Instructions for the task
Pull out every line below containing the word "ground".

= Beginning of Section =

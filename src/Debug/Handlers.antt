-- ===== src/Debug/Handlers.antt =====
-- What each handler of a debug connection answers and starts.
use thespian.Prelude.{ℕ, ◌≡◌, refl, true, List, [], ◌∷◌, inl, inr, ◌⊎◌}
use thespian.Prelude.Text.{codes}
use thespian.Cbor.Result.{Bytes, Result, ok, err, out_of_fuel}
use thespian.Cbor.Json.Print.{to_json}
use thespian.Actor.Messages.{null_value}
use thespian.Debug.Commands.{
  Command, dispatch_json, expected_object, ignored, dispatch_text, take_call,
}
use thespian.Debug.Commands
use thespian.Debug.Session.{Session, World, Ending, goes_on, says_bye, Activation, finish}
use thespian.Debug.Json.{id_of, fields_of}
use thespian.Debug.Reports.{
  on_call_reply, on_call_timeout, on_call_error, call_id, taken, result_buffer,
}
use thespian.Debug.Receive.{on_dispatch, on_bye, dispatch, run_command}
use thespian.Debug.Answers.{
  answered_ids, started, lives, Gives, finish-quiet, finish-replies, Leaves, dead,
  reply_error-Gives,
}
use thespian.Debug.TextAnswers.{then_prompt-Gives}
use thespian.Debug.JsonAnswers.{IsFree, Starts, run_json-LeavesOne}
use thespian.Debug.Dialogue.{
  Report, replied, timed_out, failed, line, on_report, command_ids, asked_by,
}

-- What a line leaves: an answer for each id that it asks for, or a call that is waited for.
abbrev pub LeavesIds : List Bytes → Session → Activation → Type 0
LeavesIds ids s a =
    lives a.ending ≡ true
    → Gives ids [] s a ⊎ ((id : Bytes) × (ids ≡ id ∷ []) × Starts id s a.session a.effects)

run_command-LeavesIds :
    (w : World) (c : Command) (s : Session)
    → IsFree s
    → LeavesIds (command_ids w c) s (run_command w c s)
unfolding run_command finish answered_ids started
run_command-LeavesIds w (dispatch_json l) s free = λ alive.
    elim (run_json-LeavesOne w l s free alive) [
      | inl g ↦ inl g
      | inr g ↦ inr (id_of (fields_of w l), refl, g)
    ]
run_command-LeavesIds w expected_object s free = λ alive.
    inl (reply_error-Gives w null_value (codes "expected a JSON object") s [] (refl, refl) alive)
run_command-LeavesIds w ignored s free = λ _. inl (finish-quiet s [] goes_on (refl, refl))
run_command-LeavesIds w (dispatch_text l) s free = λ alive. inl (then_prompt-Gives w l s alive)

-- `bye` changes nothing that is waited for.
on_bye-LeavesIds :
    (ids : List Bytes) (s : Session) (a : Activation) (e : Ending)
    → (lives e ≡ true
        → Gives ids [] s a ⊎ ((id : Bytes) × (ids ≡ id ∷ []) × Starts id s a.session a.effects))
    → LeavesIds ids s a
    → LeavesIds ids s (on_bye e a)
unfolding on_bye
on_bye-LeavesIds ids s a says_bye g h = λ _. elim (g refl) [
  | inl x ↦
      inl
        (record { answers = x.answers; begins = x.begins; pending = x.pending; number = x.number })
  | inr (id, p, x) ↦ inr (
    id,
    p,
    record { answers = x.answers; begins = x.begins; pending = x.pending; number = x.number },
  )
]
on_bye-LeavesIds ids s a _ g h = h

pub on_dispatch-LeavesIds :
    (w : World) (buf : Bytes) (s : Session)
    → IsFree s
    → LeavesIds (asked_by w (line buf) s) s (on_dispatch w buf s)
unfolding on_dispatch dispatch
on_dispatch-LeavesIds w buf s free =
    let (mode, c) = Commands.dispatch s.json_mode buf in
    let s' = record s { json_mode = mode } in
    let a = run_command w c s' in
    let h = run_command-LeavesIds w c s' free in
    let kept : LeavesIds (command_ids w c) s a = λ alive. elim (h alive) [
      | inl x ↦ inl (record {
        answers = x.answers;
        begins = x.begins;
        pending = x.pending;
        number = x.number;
      })
      | inr (id, p, x) ↦ inr (
        id,
        p,
        record { answers = x.answers; begins = x.begins; pending = x.pending; number = x.number },
      )
    ] in
    on_bye-LeavesIds (command_ids w c) s a a.ending kept kept

-- A report answers the id of its call.
pub on_report-Gives :
    (w : World) (seq : ℕ) (r : Report) (s : Session)
    → Leaves (call_id seq s ∷ []) [] (taken seq s) (on_report w seq r s)
unfolding on_report on_call_reply on_call_timeout on_call_error finish answered_ids started
on_report-Gives w seq (replied name r) s =
    printed (to_json w.floats (result_buffer (call_id seq s) name r)) refl
  where
    printed :
        (x : Result Bytes)
        → to_json w.floats (result_buffer (call_id seq s) name r) ≡ x
        → Leaves (call_id seq s ∷ []) [] (taken seq s) (on_call_reply w seq name r s)
    printed (ok text) p =
        rw (p, on_call_reply)
          (λ _. finish-replies (taken seq s) [] (call_id seq s) text goes_on (refl, refl))
    printed (err e) p = rw (p, on_call_reply) dead
    printed out_of_fuel p = rw (p, on_call_reply) dead
on_report-Gives w seq timed_out s =
    reply_error-Gives w (call_id seq s) (codes "timeout") (taken seq s) [] (refl, refl)
on_report-Gives w seq (failed r) s = printed (to_json w.floats r) refl
  where
    printed :
        (x : Result Bytes)
        → to_json w.floats r ≡ x
        → Leaves (call_id seq s ∷ []) [] (taken seq s) (on_call_error w seq r s)
    printed (ok text) p =
        rw (p, on_call_error)
          (reply_error-Gives w (call_id seq s) text (taken seq s) [] (refl, refl))
    printed (err e) p = rw (p, on_call_error) dead
    printed out_of_fuel p = rw (p, on_call_error) dead
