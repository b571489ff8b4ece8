-- ===== src/Debug/Shown.antt =====
-- What a debug connection reads, has written, or shows answers no command.
use thespian.Prelude.{◌≡◌, refl, Bool, true, false, List, [], ◌∷◌, if◌then◌else◌, arith}
use thespian.Prelude.Int.{ℤ}
use thespian.Prelude.Text.{codes}
use thespian.Cbor.Result.{Bytes, Result, ok, err, out_of_fuel}
use thespian.Cbor.Json.Print.{to_json}
use thespian.Debug.Lines
use thespian.Debug.Unwritten
use thespian.Debug.Session.{
  Session, World, writes, close_socket, goes_on, Activation, finish, newline, throws, stuck,
}
use thespian.Actor.Messages.{what}
use thespian.Debug.Reports.{
  on_tap, on_message, write_json, tap_report, tap_line, message_report, shown_name,
}
use thespian.Debug.Receive.{on_read, on_written, line_effects, written_of}
use thespian.Debug.Answers.{
  answered_ids, started, IsQuiet, finish-quiet, Leaves, dead, Gives-Keeps, if-Leaves,
}

line_effects-IsQuiet : (es : List Lines.Effect) → IsQuiet (line_effects es)
unfolding answered_ids started
line_effects-IsQuiet [] = (refl, refl)
line_effects-IsQuiet (Lines.Effect.dispatch line ∷ es) = line_effects-IsQuiet es
line_effects-IsQuiet (Lines.Effect.read_socket ∷ es) = line_effects-IsQuiet es
line_effects-IsQuiet (Lines.Effect.close_socket ∷ es) = line_effects-IsQuiet es

pub on_read-Gives : (buf : Bytes) (s : Session) → Leaves [] [] s (on_read buf s)
unfolding on_read
on_read-Gives buf s _ =
    let (es, left) = Lines.read_complete buf s.prev_buf in
    Gives-Keeps (refl, omega arith)
      (finish-quiet (record s { prev_buf = left }) (line_effects es) goes_on
        (line_effects-IsQuiet es))

closing-IsQuiet : (b : Bool) → IsQuiet (if b then close_socket ∷ [] else [])
unfolding answered_ids started
closing-IsQuiet true = (refl, refl)
closing-IsQuiet false = (refl, refl)

pub on_written-Gives : (n : ℤ) (s : Session) → Leaves [] [] s (on_written n s)
unfolding on_written
on_written-Gives n s _ =
    let (closes, v) = Unwritten.write_complete (written_of s n) s.writer in
    Gives-Keeps (refl, omega arith)
      (finish-quiet (record s { writer = v }) (if closes then close_socket ∷ [] else []) goes_on
        (closing-IsQuiet closes))

write_json-Gives : (w : World) (b : Bytes) (s : Session) → Leaves [] [] s (write_json w b s)
unfolding write_json finish answered_ids started
write_json-Gives w b s = printed (to_json w.floats b) refl
  where
    printed : (r : Result Bytes) → to_json w.floats b ≡ r → Leaves [] [] s (write_json w b s)
    printed (ok line) p =
        rw (p, write_json)
          (λ _. finish-quiet s (writes line ∷ writes newline ∷ []) goes_on (refl, refl))
    printed (err e) p = rw (p, write_json) dead
    printed out_of_fuel p = rw (p, write_json) dead

pub on_tap-Gives :
    (w : World) (name dir peer r : Bytes) (s : Session)
    → Leaves [] [] s (on_tap w name dir peer r s)
unfolding on_tap finish answered_ids started
on_tap-Gives w name dir peer r s =
    if-Leaves s.json_mode (write_json w (tap_report name dir peer r) s) _
      (write_json-Gives w (tap_report name dir peer r) s) (in_text (to_json w.floats r))
  where
    in_text :
        (x : Result Bytes)
        → Leaves [] [] s (elim x as (λ _. Activation) [
          | ok json ↦ finish s (writes (tap_line name dir peer json) ∷ writes newline ∷ []) goes_on
          | err e ↦ finish s [] (throws (what e))
          | out_of_fuel ↦ finish s [] stuck
        ])
    in_text (ok json) = λ _.
        finish-quiet s (writes (tap_line name dir peer json) ∷ writes newline ∷ []) goes_on
          (refl, refl)
    in_text (err e) = dead
    in_text out_of_fuel = dead

pub on_message-Gives :
    (w : World) (sender m : Bytes) (s : Session) → Leaves [] [] s (on_message w sender m s)
unfolding on_message finish answered_ids started
on_message-Gives w sender m s =
    if-Leaves s.json_mode (write_json w (message_report (shown_name sender) m) s) _
      (write_json-Gives w (message_report (shown_name sender) m) s) (in_text (to_json w.floats m))
  where
    in_text :
        (x : Result Bytes)
        → Leaves [] [] s (elim x as (λ _. Activation) [
          | ok json ↦
              finish s
                (writes (shown_name sender)
                  ∷ writes (codes " ")
                  ∷ writes json
                  ∷ writes newline
                  ∷ [])
                goes_on
          | err e ↦
              finish s (writes (shown_name sender) ∷ writes (codes " ") ∷ []) (throws (what e))
          | out_of_fuel ↦ finish s [] stuck
        ])
    in_text (ok json) = λ _.
        finish-quiet s
          (writes (shown_name sender) ∷ writes (codes " ") ∷ writes json ∷ writes newline ∷ [])
          goes_on (refl, refl)
    in_text (err e) = dead
    in_text out_of_fuel = dead
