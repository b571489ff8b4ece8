-- ===== src/Debug/CallLists.antt =====
-- The list of the calls that a debug connection waits for: `put_call` and `take_call`.
use thespian.Prelude.{
  ℕ, ◌+◌, ◌<◌, ◌≤◌, ◌≡◌, refl, true, List, [], ◌∷◌, ◌++◌, ◌==◌, All, arith, Bool-cases, inl, inr,
}
use thespian.Cbor.Result.{Bytes}
use thespian.Debug.Commands.{take_call}
use thespian.Debug.Json.{put_call, or_null}
use thespian.Debug.Dialogue.{remove, holds, count, numbers, waiting_ids}

pub count-append :
    (id : Bytes) (xs ys : List Bytes) → count id (xs ++ ys) ≡ count id xs + count id ys
unfolding count
count-append id [] ys = omega arith
count-append id (x ∷ xs) ys = ground (arith, count-append id xs ys)

pub numbers-put_call :
    (n : ℕ) (i : Bytes) (calls : List (ℕ × Bytes))
    → All (λ c. c.0 < n) calls
    → numbers (put_call n i calls) ≡ numbers calls ++ (n ∷ [])
unfolding put_call
numbers-put_call n i [] h = refl
numbers-put_call n i ((m, j) ∷ calls) h = ground (arith, numbers-put_call n i calls)

pub count-put_call :
    (id : Bytes) (n : ℕ) (i : Bytes) (calls : List (ℕ × Bytes))
    → All (λ c. c.0 < n) calls
    → count id (waiting_ids (put_call n i calls)) ≡ count id (waiting_ids calls) + count id (i ∷ [])
unfolding put_call count
count-put_call id n i [] h = omega arith
count-put_call id n i ((m, j) ∷ calls) h = ground (arith, count-put_call id n i calls)

pub numbers-take_call :
    (seq : ℕ) (calls : List (ℕ × Bytes))
    → numbers (take_call seq calls).1 ≡ remove seq (numbers calls)
unfolding take_call remove
numbers-take_call seq [] = refl
numbers-take_call seq ((n, i) ∷ calls) = ground (arith, numbers-take_call seq calls)

-- A call that is taken is the one whose id is answered.
pub count-take_call :
    (id : Bytes) (seq : ℕ) (calls : List (ℕ × Bytes))
    → holds seq (numbers calls) ≡ true
    → count id (waiting_ids calls)
      ≡ count id (or_null (take_call seq calls).0 ∷ [])
        + count id (waiting_ids (take_call seq calls).1)
unfolding take_call count holds
count-take_call id seq [] h = cc
count-take_call id seq ((n, i) ∷ calls) h = ground (arith, count-take_call id seq calls)

pub All-take_call {ℓ} :
    (P : ℕ × Bytes → Type ℓ) (seq : ℕ) (calls : List (ℕ × Bytes))
    → All P calls
    → All P (take_call seq calls).1
unfolding take_call
All-take_call P seq [] h = h
All-take_call P seq ((n, i) ∷ calls) h = elim (Bool-cases (n == seq)) [
  | inl e ↦ rw e (h.1)
  | inr e ↦ rw e (h.0, All-take_call P seq calls h.1)
]

abbrev pub AreBelow : ℕ → List (ℕ × Bytes) → Type 0
AreBelow n calls = All (λ c. c.0 < n) calls

pub AreBelow-le : (n m : ℕ) (calls : List (ℕ × Bytes)) → n ≤ m → AreBelow n calls → AreBelow m calls
AreBelow-le n m [] l h = tt
AreBelow-le n m (c ∷ calls) l h = (omega (arith, h.0), AreBelow-le n m calls l h.1)

pub AreBelow-put_call :
    (n : ℕ) (i : Bytes) (calls : List (ℕ × Bytes))
    → AreBelow n calls
    → AreBelow (n + 1) (put_call n i calls)
unfolding put_call
AreBelow-put_call n i [] h = (omega arith, tt)
AreBelow-put_call n i ((m, j) ∷ calls) h = elim (Bool-cases (m == n)) [
  | inl e ↦ rw e (omega (arith, h.0), AreBelow-le n (n + 1) calls (omega arith) h.1)
  | inr e ↦ rw e (omega (arith, h.0), AreBelow-put_call n i calls h.1)
]
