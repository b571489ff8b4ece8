-- ===== src/Debug/Balance.antt =====
-- Every command of a debug connection is answered exactly once.
use thespian.Prelude.{
  ℕ, ◌+◌, ◌<◌, ◌≡◌, sym, ap, ◌∙◌, true, List, [], ◌∷◌, ◌++◌, append-nil, arith, inl, inr,
}
use thespian.Cbor.Result.{Bytes}
use thespian.Debug.Commands.{take_call}
use thespian.Debug.Session.{Session, World, Activation}
use thespian.Debug.Reports.{on_tap, on_message, call_id, taken}
use thespian.Debug.Receive.{on_dispatch, on_read, on_written}
use thespian.Debug.Answers.{answered_ids, started, lives, Gives}
use thespian.Debug.JsonAnswers.{Starts}
use thespian.Debug.Handlers.{on_dispatch-LeavesIds, on_report-Gives}
use thespian.Debug.Shown.{on_read-Gives, on_written-Gives, on_tap-Gives, on_message-Gives}
use thespian.Debug.CallLists.{
  count-append, numbers-put_call, count-put_call, numbers-take_call, count-take_call, All-take_call,
  AreBelow, AreBelow-le, AreBelow-put_call,
}
use thespian.Debug.Dialogue.{
  Input, line, report, chunk, written, tapped, message, on_report, handle, asked_by, remove, holds,
  State, Comes, advance, Run, here, next, opened, count, numbers, waiting_ids,
}

pub record IsBalanced (st : State) : Type 0 where
  pub waits : numbers st.session.pending_calls ≡ st.open_calls
  pub below : AreBelow st.session.next_call st.session.pending_calls
  pub balance :
      (id : Bytes)
      → count id st.asked ≡ count id st.answered + count id (waiting_ids st.session.pending_calls)

-- The state after a handler that was asked for some ids and leaves some calls open.
abbrev after : List Bytes → List ℕ → State → Activation → State
after ids calls st a = record {
  session = a.session;
  open_calls = calls ++ started a.effects;
  asked = st.asked ++ ids;
  answered = st.answered ++ answered_ids a.effects;
}

-- A handler that answers what it is asked for.
answering-IsBalanced :
    (ids : List Bytes) (st : State) (a : Activation)
    → Gives ids [] st.session a
    → IsBalanced st
    → IsBalanced (after ids st.open_calls st a)
answering-IsBalanced ids st a g h = record {
  waits =
      ap numbers g.pending
      ∙ h.waits
      ∙ sym (ap (λ l. st.open_calls ++ l) g.begins ∙ append-nil st.open_calls);
  below = rw (g.pending) (
      AreBelow-le st.session.next_call a.session.next_call st.session.pending_calls g.number
        h.below);
  balance = λ id. omega (
    arith,
    count-append id st.asked ids,
    count-append id st.answered (answered_ids a.effects),
    ap (count id) g.answers,
    ap (λ l. count id (waiting_ids l)) g.pending,
    h.balance id,
  );
}

-- A handler that starts a call for what it is asked for.
starting-IsBalanced :
    (id : Bytes) (st : State) (a : Activation)
    → Starts id st.session a.session a.effects
    → IsBalanced st
    → IsBalanced (after (id ∷ []) st.open_calls st a)
unfolding count
starting-IsBalanced i st a g h =
    let n = st.session.next_call in
    let calls = st.session.pending_calls in
    record {
      waits =
          ap numbers g.pending
          ∙ numbers-put_call n i calls h.below
          ∙ ap (λ l. l ++ (n ∷ [])) h.waits
          ∙ sym (ap (λ l. st.open_calls ++ l) g.begins);
      below = rw (g.pending, g.number) (AreBelow-put_call n i calls h.below);
      balance = λ id. omega (
        arith,
        count-append id st.asked (i ∷ []),
        count-append id st.answered (answered_ids a.effects),
        ap (count id) g.answers,
        ap (λ l. count id (waiting_ids l)) g.pending,
        count-put_call id n i calls h.below,
        h.balance id,
      );
    }

-- A report of an open call, that answers its id.
report-IsBalanced :
    (seq : ℕ) (st : State) (a : Activation)
    → holds seq st.open_calls ≡ true
    → Gives (call_id seq st.session ∷ []) [] (taken seq st.session) a
    → IsBalanced st
    → IsBalanced (after [] (remove seq st.open_calls) st a)
unfolding count
report-IsBalanced seq st a open_call g h =
    let calls = st.session.pending_calls in
    record {
      waits =
          ap numbers g.pending
          ∙ numbers-take_call seq calls
          ∙ ap (remove seq) h.waits
          ∙ sym (
              ap (λ l. remove seq st.open_calls ++ l) g.begins
              ∙ append-nil (remove seq st.open_calls));
      below = rw (g.pending) (
          AreBelow-le st.session.next_call a.session.next_call (take_call seq calls).1 g.number
            (All-take_call (λ c. c.0 < st.session.next_call) seq calls h.below));
      balance = λ id. omega (
        arith,
        count-append id st.asked [],
        count-append id st.answered (answered_ids a.effects),
        ap (count id) g.answers,
        ap (λ l. count id (waiting_ids l)) g.pending,
        count-take_call id seq calls (ap (holds seq) h.waits ∙ open_call),
        h.balance id,
      );
    }

-- Each message that comes keeps the balance.
advance-IsBalanced :
    (w : World) (i : Input) (st : State)
    → Comes i st
    → lives (handle w i st.session).ending ≡ true
    → IsBalanced st
    → IsBalanced (advance w i st)
unfolding advance handle
advance-IsBalanced w (line buf) st small alive h =
    elim (on_dispatch-LeavesIds w buf st.session (h.below, small) alive) [
      | inl g ↦
          answering-IsBalanced (asked_by w (line buf) st.session) st (on_dispatch w buf st.session)
            g h
      | inr (id, p, g) ↦ rw p (starting-IsBalanced id st (on_dispatch w buf st.session) g h)
    ]
advance-IsBalanced w (report seq r) st open_call alive h =
    report-IsBalanced seq st (on_report w seq r st.session) open_call
      (on_report-Gives w seq r st.session alive) h
advance-IsBalanced w (chunk buf) st c alive h =
    answering-IsBalanced [] st (on_read buf st.session) (on_read-Gives buf st.session alive) h
advance-IsBalanced w (written n) st c alive h =
    answering-IsBalanced [] st (on_written n st.session) (on_written-Gives n st.session alive) h
advance-IsBalanced w (tapped name dir peer r) st c alive h =
    answering-IsBalanced [] st (on_tap w name dir peer r st.session)
      (on_tap-Gives w name dir peer r st.session alive) h
advance-IsBalanced w (message sender m) st c alive h =
    answering-IsBalanced [] st (on_message w sender m st.session)
      (on_message-Gives w sender m st.session alive) h

opened-IsBalanced : (s : Session) → s.pending_calls ≡ [] → IsBalanced (opened s)
unfolding count
opened-IsBalanced s e = record {
  waits = ap numbers e;
  below = rw e tt;
  balance = λ id. omega (arith, ap (λ l. count id (waiting_ids l)) e);
}

run-IsBalanced :
    {s : Session} {st : State} → s.pending_calls ≡ [] → Run (opened s) st → IsBalanced st
run-IsBalanced {s} e here = opened-IsBalanced s e
run-IsBalanced e (next {u} r w i comes alive) =
    advance-IsBalanced w i u comes alive (run-IsBalanced e r)

-- Messages come to a new debug connection in any order and with any effect outside of it; a report of a
-- call comes only while the call is open, as its proxy reports it once and no other actor sends one. As
-- long as no exception ends its actor and it has started fewer than 2^64 - 1 calls, the calls that it waits for
-- are those whose proxies have not reported, and each id was asked for as often as it was answered and
-- is waited for together.
pub Run-balance :
    {s : Session} {st : State}
    → s.pending_calls ≡ []
    → Run (opened s) st
    → (numbers st.session.pending_calls ≡ st.open_calls)
      × ((id : Bytes)
          → count id st.asked
            ≡ count id st.answered + count id (waiting_ids st.session.pending_calls))
Run-balance e r = let h = run-IsBalanced e r in (h.waits, h.balance)
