-- ===== src/Debug/CallProxy.antt =====
-- `call_proxy` of src/instance.cpp: the actor that carries one call of a debug connection.
use thespian.Prelude.{ℕ, Bool, true, false, List, [], ◌∷◌}
use thespian.Prelude.Text.{codes}
use thespian.Cbor.Result.{Bytes, Error}
use thespian.Cbor.Buffer.{push_uint}
use thespian.Cbor.Dispatch.{when, only}
use thespian.Actor.Messages.{array, text}
use thespian.Actor.Send.{Sent, sent, refused, raised}

pub record CallProxy : Type 0 where
  pub seq : ℕ
  pub timed_out : Bool

pub data Effect : Type 0 where
  to_connection : Bytes → Effect
  cancel_timeout : Effect

-- How the receiver ends: `return ok()`, `return exit()`, what a send answers, or an exception of the
-- matcher.
pub data Ending : Type 0 where
  returned : Ending
  exited : Ending
  answered : Sent → Ending
  thrown : Error → Ending

pub record Activation : Type 0 where
  pub proxy : CallProxy
  pub effects : List Effect
  pub ending : Ending

-- `array("debug_call_timeout", seq)` and `array("debug_call_reply", seq, name, m)`
unfoldable pub timeout_report : ℕ → Bytes
timeout_report seq = array (text (codes "debug_call_timeout") ∷ push_uint seq ∷ [])

unfoldable pub reply_report : ℕ → Bytes → Bytes → Bytes
reply_report seq name m =
    array (text (codes "debug_call_reply") ∷ push_uint seq ∷ text name ∷ m ∷ [])

-- `name` is that of the sender, and `answer` what the send of a timeout answers.
unfoldable pub receive : Sent → Bytes → Bytes → CallProxy → Activation
unfolding timeout_report reply_report
receive answer name m p = elim p.timed_out [
  | true ↦ record { proxy = p; effects = []; ending = returned }
  | false ↦
      when (λ e. record { proxy = p; effects = []; ending = thrown e }) m
        (only "debug_call_timeout")
        (λ _. record {
          proxy = record p { timed_out = true };
          effects = to_connection (timeout_report p.seq) ∷ [];
          ending = answered answer;
        })
        (record {
          proxy = p;
          effects = cancel_timeout ∷ to_connection (reply_report p.seq name m) ∷ [];
          ending = exited;
        })
]

-- `array("debug_call_error", seq, e)`
unfoldable pub error_report : ℕ → Bytes → Bytes
error_report seq e = array (text (codes "debug_call_error") ∷ push_uint seq ∷ e ∷ [])

-- What the actor of a call does first: its timer is made and the request is sent, which answers
-- `answer`. The actor then waits, reports the error and exits, or is ended by an exception.
pub data Start : Type 0 where
  waits : CallProxy → Start
  fails : Bytes → Start
  throws : Bytes → Start

unfoldable pub start : Sent → ℕ → Start
unfolding error_report
start sent seq = waits (record { seq = seq; timed_out = false })
start (refused e) seq = fails (error_report seq e)
start (raised w) seq = throws w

= End of Section =

Answer
count-append id (x ∷ xs) ys = ground (arith, count-append id xs ys)
numbers-put_call n i ((m, j) ∷ calls) h = ground (arith, numbers-put_call n i calls)
count-put_call id n i ((m, j) ∷ calls) h = ground (arith, count-put_call id n i calls)
numbers-take_call seq ((n, i) ∷ calls) = ground (arith, numbers-take_call seq calls)
count-take_call id seq ((n, i) ∷ calls) h = ground (arith, count-take_call id seq calls)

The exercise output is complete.